The progressive nature of Parkinson’s limits participation in exercise and initiates that vicious cycle of inactivity – leading to reductions in muscle strength, flexibility, balance, aerobic fitness, and an increased risk of falls. This is compounded further by symptoms that do not affect movement, such as fatigue and depression, which reduce the motivation to be active. The long-term result is that that the body loses fitness and muscle tone, not only as a result of Parkinson’s but also due to physical inactivity.
By 2030, the global prevalence of Parkinson’s is predicted to rise by 50%, highlighting the clear need for effective, sustainable and accessible services to optimise quality of life, and allow people to lead meaningful lives as valuable contributors to society.
Despite large-scale investment and significant breakthroughs in our understanding of the underlying mechanisms behind Parkinson’s, scientists have yet to find a long-term medication which limits the rate of decline, and hence disability within this population. Instead, people living with Parkinson’s are given regular medication to augment their falling levels of dopamine – the chemical responsible for communicating information around the brain essential for everyday functions, such as walking.

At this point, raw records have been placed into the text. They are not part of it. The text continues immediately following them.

-- ===== src/ClusterLink/Complete.antt =====
-- What is there in the request of a link that passes the check.
use terraform_provider_confl.Base.{
  ◌≡◌, refl, Bool, true, false, not, Option, none, some, List, [], ◌∷◌, ◌++◌, String, str_eq,
  if◌then◌else◌, All,
}
use terraform_provider_confl.Kafka.{Text}
use terraform_provider_confl.Kafka.Settings.{is_set}
use terraform_provider_confl.Kafka.AclHandlers.{KafkaRestClient}
use terraform_provider_confl.ClusterLink.Links.{
  LinkMode, bidirectional, destination, source, ConnectionMode, inbound, outbound, LinkData,
  LinkError, refuse_if, key_in, secret_in, has_some,
  validate_cluster_link_input_by_link_mode_and_connection_mode, validate_cluster_link_input,
}
use terraform_provider_confl.ClusterLink.Request.{
  Configs, plain_login, construct_cloud_config, construct_cluster_link_request, own_cluster,
  link_rest_client, create_kafka_rest_client_for_cluster_link,
}

-- Credentials, if there are any, have a key and a secret.
abbrev pub KeysSet : Option (Text × Text) → Type 0
KeysSet none = Unit
KeysSet (some c) = (is_set c.0 ≡ true) × (is_set c.1 ≡ true)

abbrev pub value_of : String → Configs → Option Text
value_of name [] = none
value_of name ((n, v) ∷ configs) =
    let rest = value_of name configs in if str_eq n name then some v else rest

-- A login with a key and a secret.
abbrev pub Login : Option Text → Type 0
Login found =
    (key secret : Text) × (found ≡ some (plain_login key secret))
    × (is_set key ≡ true)
    × (is_set secret ≡ true)

-- The logins of a link, but for the one to the remote cluster of a bidirectional link.
abbrev pub checked_logins : LinkMode → ConnectionMode → List String
checked_logins bidirectional outbound = "local.sasl.jaas.config" ∷ []
checked_logins destination outbound = "sasl.jaas.config" ∷ []
checked_logins source outbound = "local.sasl.jaas.config" ∷ "sasl.jaas.config" ∷ []
checked_logins _ inbound = []

abbrev pub Reaches : KafkaRestClient → Type 0
Reaches c =
    (is_set c.rest_endpoint ≡ true)
    × (is_set c.cluster_api_key ≡ true)
    × (is_set c.cluster_api_secret ≡ true)

-- What a request has for its own cluster and in its settings.
abbrev pub Complete : LinkMode → ConnectionMode → KafkaRestClient → Configs → Type 0
Complete m cm c configs =
    Reaches c
    × ((servers : Text) × (value_of "bootstrap.servers" configs ≡ some servers)
        × (is_set servers ≡ true))
    × All (λ name. Login (value_of name configs)) (checked_logins m cm)

pub refuse_if_lem :
    (b : Bool) (e : LinkError) (rest : Option LinkError)
    → refuse_if b e rest ≡ none
    → (b ≡ false) × (rest ≡ none)
unfolding refuse_if
refuse_if_lem true e rest h = absurd (cc)
refuse_if_lem false e rest h = (refl, h)

unnegated : (b : Bool) → not b ≡ false → b ≡ true
unnegated true h = refl
unnegated false h = absurd (cc)

has_some_lem :
    (c : Option (Text × Text))
    → KeysSet c
    → not (has_some c) ≡ false
    → (is_set (key_in c) ≡ true) × (is_set (secret_in c) ≡ true)
has_some_lem none keys h = absurd (cc)
has_some_lem (some c) keys h = keys

login :
    (c : Option (Text × Text))
    → KeysSet c
    → not (has_some c) ≡ false
    → Login (some (plain_login (key_in c) (secret_in c)))
login c keys h =
    let (first, second) = has_some_lem c keys h in (key_in c, secret_in c, refl, first, second)

reaches : {A B C : Type 0} → A → B × C → A × B × C
reaches a keys = (a, keys.0, keys.1)

by_modes :
    (d : LinkData) (m : LinkMode) (cm : ConnectionMode)
    → KeysSet d.source_cluster.credentials
    → KeysSet d.destination_cluster.credentials
    → KeysSet d.local_cluster.credentials
    → validate_cluster_link_input_by_link_mode_and_connection_mode d m cm false ≡ none
    → Complete m cm
        (link_rest_client (own_cluster d m))
        (construct_cloud_config none d m cm ++ d.configs)
unfolding validate_cluster_link_input_by_link_mode_and_connection_mode construct_cloud_config
by_modes d bidirectional inbound s t l h =
    let (a, h1) = refuse_if_lem _ _ _ h in
    let (b, h2) = refuse_if_lem _ _ _ h1 in
    let (c, _) = refuse_if_lem _ _ _ h2 in
    (
      reaches (unnegated _ c) (has_some_lem _ l a),
      (d.remote_cluster.bootstrap_endpoint, refl, unnegated _ b),
      tt,
    )
by_modes d bidirectional outbound s t l h =
    let (a, h1) = refuse_if_lem _ _ _ h in
    let (b, h2) = refuse_if_lem _ _ _ h1 in
    let (c, _) = refuse_if_lem _ _ _ h2 in
    (
      reaches (unnegated _ c) (has_some_lem _ l a),
      (d.remote_cluster.bootstrap_endpoint, refl, unnegated _ b),
      (login _ l a, tt),
    )
by_modes d destination inbound s t l h =
    let (a, h1) = refuse_if_lem _ _ _ h in
    let (b, h2) = refuse_if_lem _ _ _ h1 in
    let (c, _) = refuse_if_lem _ _ _ h2 in
    (
      reaches (unnegated _ c) (has_some_lem _ t a),
      (d.source_cluster.bootstrap_endpoint, refl, unnegated _ b),
      tt,
    )
by_modes d destination outbound s t l h =
    let (a, h1) = refuse_if_lem _ _ _ h in
    let (b, h2) = refuse_if_lem _ _ _ h1 in
    let (c, h3) = refuse_if_lem _ _ _ h2 in
    let (e, _) = refuse_if_lem _ _ _ h3 in
    (
      reaches (unnegated _ c) (has_some_lem _ t a),
      (d.source_cluster.bootstrap_endpoint, refl, unnegated _ b),
      (login _ s e, tt),
    )
by_modes d source inbound s t l h = absurd (let (_, h1) = refuse_if_lem _ _ _ h in cc)
by_modes d source outbound s t l h =
    let (a, h1) = refuse_if_lem _ _ _ h in
    let (b, h2) = refuse_if_lem _ _ _ h1 in
    let (c, h3) = refuse_if_lem _ _ _ h2 in
    let (e, _) = refuse_if_lem _ _ _ h3 in
    (
      reaches (unnegated _ b) (has_some_lem _ s e),
      (d.destination_cluster.bootstrap_endpoint, refl, unnegated _ c),
      (login _ s e, (login _ t a, tt)),
    )

-- When a link passes the check without OAuth, and credentials that are given have a key and a secret, then
-- the cluster that the request is sent to has a REST endpoint, a key and a secret; the request names
-- bootstrap servers; and an outbound link's request has logins with a key and a secret to each of its
-- clusters, but for the remote cluster of a bidirectional link.
pub construct_cluster_link_request-Complete :
    (d : LinkData)
    → KeysSet d.source_cluster.credentials
    → KeysSet d.destination_cluster.credentials
    → KeysSet d.local_cluster.credentials
    → validate_cluster_link_input d false ≡ none
    → Complete d.link_mode d.connection_mode
        (create_kafka_rest_client_for_cluster_link d)
        (construct_cluster_link_request none d).configs
unfolding validate_cluster_link_input construct_cluster_link_request
    create_kafka_rest_client_for_cluster_link
construct_cluster_link_request-Complete d s t l h = by_modes d d.link_mode d.connection_mode s t l h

While science seeks to develop a cure to the condition, there has also been a substantive movement from within the Parkinson’s community itself to be involved in the management of their condition, allowing them to assert control.
A large part of this has been a recognition of the potential value of exercise in the management of Parkinson’s. Recent reviews into Parkinson’s treatment indicate that participation in regular exercise correlates with improved symptoms, such as improvements in strength, balance, fitness, function, and walking, as well as reducing depression and fatigue. Those who regularly participate in exercise have experienced an enhance sense of confidence, and by exercising as part of a group they have benefited from a network of community support and group empowerment.

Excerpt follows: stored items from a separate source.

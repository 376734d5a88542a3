-- ===== src/Client/Session/Traffic.antt =====
-- What a message makes the client call and send.
use hax_war.Base.{
  append-nil, ℕ, ◌≡◌, refl, ◌∙◌, ap, Bool, true, false, ◌&&◌, List, [], ◌∷◌, ◌++◌, if◌then◌else◌,
  arith,
}
use hax_war.Protocol.{
  GameEvent, game_started, round_started, units_departed, units_arrived, encounter_occurred,
  encounter_resolved, round_resolved, game_over, other_event, Message, Body, state_update,
  game_event, error_message, pong, other_message, Command, get_state,
}
use hax_war.Client.{
  Client, Effect, track_sequence, is_open, send, on_state_update, on_game_event, on_encounter,
  on_game_over,
}
use hax_war.Client.Events.{receive, event_log, event_follow_up, handle_game_event, handle_body}
use hax_war.Client.Session.Sequence.{sent_commands, sent_commands-append}

abbrev pub resolves_round : Body → Bool
resolves_round (game_event (round_resolved r)) = true
resolves_round _ = false

sent-event_log : (round : ℕ) (e : GameEvent) → sent_commands (event_log round e) ≡ []
unfolding event_log
sent-event_log round game_started = refl
sent-event_log round (round_started n) = refl
sent-event_log round (units_departed s n k) = refl
sent-event_log round (units_arrived s n k) = refl
sent-event_log round (encounter_occurred e) = refl
sent-event_log round (encounter_resolved a b) = refl
sent-event_log round (round_resolved r) = refl
sent-event_log round (game_over w r) = refl
sent-event_log round other_event = refl

sent-send :
    (c : Client) (m : Command)
    → sent_commands (send c m) ≡ (if is_open c.sockets then m ∷ [] else [])
unfolding send
sent-send c m = ground arith

sent-follow_up :
    (c : Client) (e : GameEvent)
    → sent_commands (event_follow_up c e)
      ≡ (if resolves_round (game_event e) && is_open c.sockets then get_state ∷ [] else [])
unfolding event_follow_up
sent-follow_up c (round_resolved r) = sent-send c get_state
sent-follow_up c game_started = refl
sent-follow_up c (round_started n) = refl
sent-follow_up c (units_departed s n k) = refl
sent-follow_up c (units_arrived s n k) = refl
sent-follow_up c (encounter_occurred e) = refl
sent-follow_up c (encounter_resolved a b) = refl
sent-follow_up c (game_over w r) = refl
sent-follow_up c other_event = refl

sent-handle_game_event :
    (c : Client) (round : ℕ) (e : GameEvent)
    → sent_commands (handle_game_event c round e)
      ≡ (if resolves_round (game_event e) && is_open c.sockets then get_state ∷ [] else [])
unfolding handle_game_event
sent-handle_game_event c round e =
    sent_commands-append (event_log round e) (event_follow_up c e)
    ∙ ap (λ xs. xs ++ sent_commands (event_follow_up c e)) (sent-event_log round e)
    ∙ sent-follow_up c e

-- The calls of the user interface's handlers, without the log.
abbrev pub callbacks : List Effect → List Effect
callbacks [] = []
callbacks (on_state_update s ∷ es) = on_state_update s ∷ callbacks es
callbacks (on_game_event m ∷ es) = on_game_event m ∷ callbacks es
callbacks (on_encounter e ∷ es) = on_encounter e ∷ callbacks es
callbacks (on_game_over w ∷ es) = on_game_over w ∷ callbacks es
callbacks (_ ∷ es) = callbacks es

abbrev event_callbacks : GameEvent → List Effect
event_callbacks (encounter_occurred e) = on_encounter e ∷ []
event_callbacks (game_over winner reason) = on_game_over winner ∷ []
event_callbacks _ = []

-- What a message is to call, in order.
abbrev pub expected_callbacks : Message → Body → List Effect
expected_callbacks m (state_update s) = on_state_update s ∷ []
expected_callbacks m (game_event e) = event_callbacks e ++ (on_game_event m ∷ [])
expected_callbacks m _ = []

callbacks-append : (xs ys : List Effect) → callbacks (xs ++ ys) ≡ callbacks xs ++ callbacks ys
callbacks-append [] ys = refl
callbacks-append (on_state_update s ∷ xs) ys = ap (◌∷◌ (on_state_update s)) (callbacks-append xs ys)
callbacks-append (on_game_event m ∷ xs) ys = ap (◌∷◌ (on_game_event m)) (callbacks-append xs ys)
callbacks-append (on_encounter e ∷ xs) ys = ap (◌∷◌ (on_encounter e)) (callbacks-append xs ys)
callbacks-append (on_game_over w ∷ xs) ys = ap (◌∷◌ (on_game_over w)) (callbacks-append xs ys)
callbacks-append (_ ∷ xs) ys = callbacks-append xs ys

callbacks-send : (c : Client) (m : Command) → callbacks (send c m) ≡ []
unfolding send
callbacks-send c m = ground arith

callbacks-handle_game_event :
    (c : Client) (round : ℕ) (e : GameEvent)
    → callbacks (handle_game_event c round e) ≡ event_callbacks e
unfolding handle_game_event event_log event_follow_up
callbacks-handle_game_event c round (round_resolved r) = callbacks-send c get_state
callbacks-handle_game_event c round game_started = refl
callbacks-handle_game_event c round (round_started n) = refl
callbacks-handle_game_event c round (units_departed s n k) = refl
callbacks-handle_game_event c round (units_arrived s n k) = refl
callbacks-handle_game_event c round (encounter_occurred e) = refl
callbacks-handle_game_event c round (encounter_resolved a b) = refl
callbacks-handle_game_event c round (game_over w r) = refl
callbacks-handle_game_event c round other_event = refl

handle_body_lem :
    (c : Client) (m : Message) (body : Body)
    → (callbacks (handle_body c m body) ≡ expected_callbacks m body)
      × (sent_commands (handle_body c m body)
          ≡ (if resolves_round body && is_open c.sockets then get_state ∷ [] else []))
unfolding handle_body
handle_body_lem c m (state_update s) = (refl, refl)
handle_body_lem c m (game_event event) = (
  callbacks-append (handle_game_event c m.round event) _
      ∙ ap (λ xs. xs ++ (on_game_event m ∷ [])) (callbacks-handle_game_event c m.round event),
  sent_commands-append (handle_game_event c m.round event) _
      ∙ append-nil _
      ∙ sent-handle_game_event c m.round event,
)
handle_body_lem c m (error_message t) = (refl, refl)
handle_body_lem c m pong = (refl, refl)
handle_body_lem c m other_message = (refl, refl)

sockets-track_sequence : (c : Client) (m : Message) → (track_sequence c m).sockets ≡ c.sockets
unfolding track_sequence
sockets-track_sequence c m = ground arith

-- A message calls the state handler for a state update; the encounter or game-over handler for
-- its event, and after it the general event handler for every game event; and no handler for the
-- others. It sends `get_state` if it resolves a round and the newest socket is open, and
-- otherwise nothing.
pub receive_routes :
    (c : Client) (m : Message)
    → (callbacks (receive c m).1 ≡ expected_callbacks m m.body)
      × (sent_commands (receive c m).1
          ≡ (if resolves_round m.body && is_open c.sockets then get_state ∷ [] else []))
unfolding receive
receive_routes c m =
    let parts = handle_body_lem (track_sequence c m) m m.body in
    (
      parts.0,
      parts.1
          ∙ ap (λ ss. if resolves_round m.body && is_open ss then get_state ∷ [] else [])
              (sockets-track_sequence c m),
    )
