-- ===== src/Matchmaking/Status.antt =====
-- The statuses of an update.
use hax_war.Base.Int.{ℤ, pos}

pub data MatchmakingStatus : Type 0 where
  searching matched cancelled timeout error : MatchmakingStatus

-- Their numbers in a message.
abbrev pub status_number : MatchmakingStatus → ℤ
status_number searching = pos 0
status_number matched = pos 1
status_number cancelled = pos 2
status_number timeout = pos 3
status_number error = pos 4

Perhaps of greater significance is the emerging evidence suggesting that engaging in regular high-intensity exercise brings about physiological changes within the brain, creating new neural pathways and blood vessels that may have a disease modifying effect. Consequently, this has resulted in a growing consensus that exercise is a key ingredient and integral component of Parkinson’s management – not solely as complementary to medication, but of equal importance. This has formed a central part of my research.
There is a fantastic opportunity for physiotherapists to take a greater role in ensuring that exercise forms the cornerstone of clinical practice. Physiotherapists today possess a range of skills in health improvement and promotion, behavioural change and coaching, which makes them ideally placed to provide impactful support to people living with Parkinson’s.

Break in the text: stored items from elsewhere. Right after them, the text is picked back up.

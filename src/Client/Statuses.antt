-- ===== src/Client/Statuses.antt =====
-- What `findMatch` of gameClient.js makes of the statuses of matchmaking.proto.
use hax_war.Base.{◌≡◌, refl, false, List, [], ◌∷◌, map}
use hax_war.Matchmaking.Status.{
  MatchmakingStatus, searching, matched, cancelled, timeout, error, status_number,
}
use hax_war.Matchmaking.Updates.{MatchmakingUpdate}
use hax_war.Client.{Client}
use hax_war.Client.Matchmaking.{
  StreamEvent, update, pending, is_matched, await_match, await_match-unmatched, NeverMatched,
}

-- An update with a status other than MATCHED.
abbrev pub IsOther : MatchmakingStatus → Type 0
IsOther matched = ⊥
IsOther _ = Unit {0}

abbrev pub with_status : MatchmakingStatus × MatchmakingUpdate → StreamEvent
with_status (s, u) = update (record u { status = status_number s })

abbrev pub AreOther : List (MatchmakingStatus × MatchmakingUpdate) → Type 0
AreOther [] = Unit {0}
AreOther ((s, u) ∷ us) = IsOther s × AreOther us

unmatched_status :
    (s : MatchmakingStatus) (u : MatchmakingUpdate)
    → IsOther s
    → is_matched (record u { status = status_number s }) ≡ false
unmatched_status searching u h = refl
unmatched_status matched u h = absurd h
unmatched_status cancelled u h = refl
unmatched_status timeout u h = refl
unmatched_status error u h = refl

others-NeverMatched :
    (us : List (MatchmakingStatus × MatchmakingUpdate))
    → AreOther us
    → NeverMatched (map with_status us)
others-NeverMatched [] h = tt
others-NeverMatched ((s, u) ∷ us) (hs, h) = (unmatched_status s u hs, others-NeverMatched us h)

-- However many updates come whose status is SEARCHING, CANCELLED, TIMEOUT or ERROR, whatever else
-- they hold, the promise stays pending and the client is as before: a search that the server has
-- cancelled, timed out or failed is never reported.
pub other_statuses_pending :
    (c : Client) (us : List (MatchmakingStatus × MatchmakingUpdate))
    → AreOther us
    → await_match (c, pending) (map with_status us) ≡ (c, pending)
other_statuses_pending c us h = await_match-unmatched c _ (others-NeverMatched us h)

They are able to prescribe individualised exercise programmes which meet the needs of the individual, whether this is chair-based exercise, more intensive exercise specially designed for those with Parkinson’s, or community-based exercise such as dance, tai chi, or boxercise. Physiotherapists can also manage and treat any specific problems which impact movement while accommodating any other co-existing health conditions to maximise function, and ensure those with Parkinson’s are able to lead healthier and happier lives.
Julie Jones is a senior lecturer and CSO & Parkinson’s UK Clinical Academic Fellow in Physiotherapy at Robert Gordon University’s school of health sciences.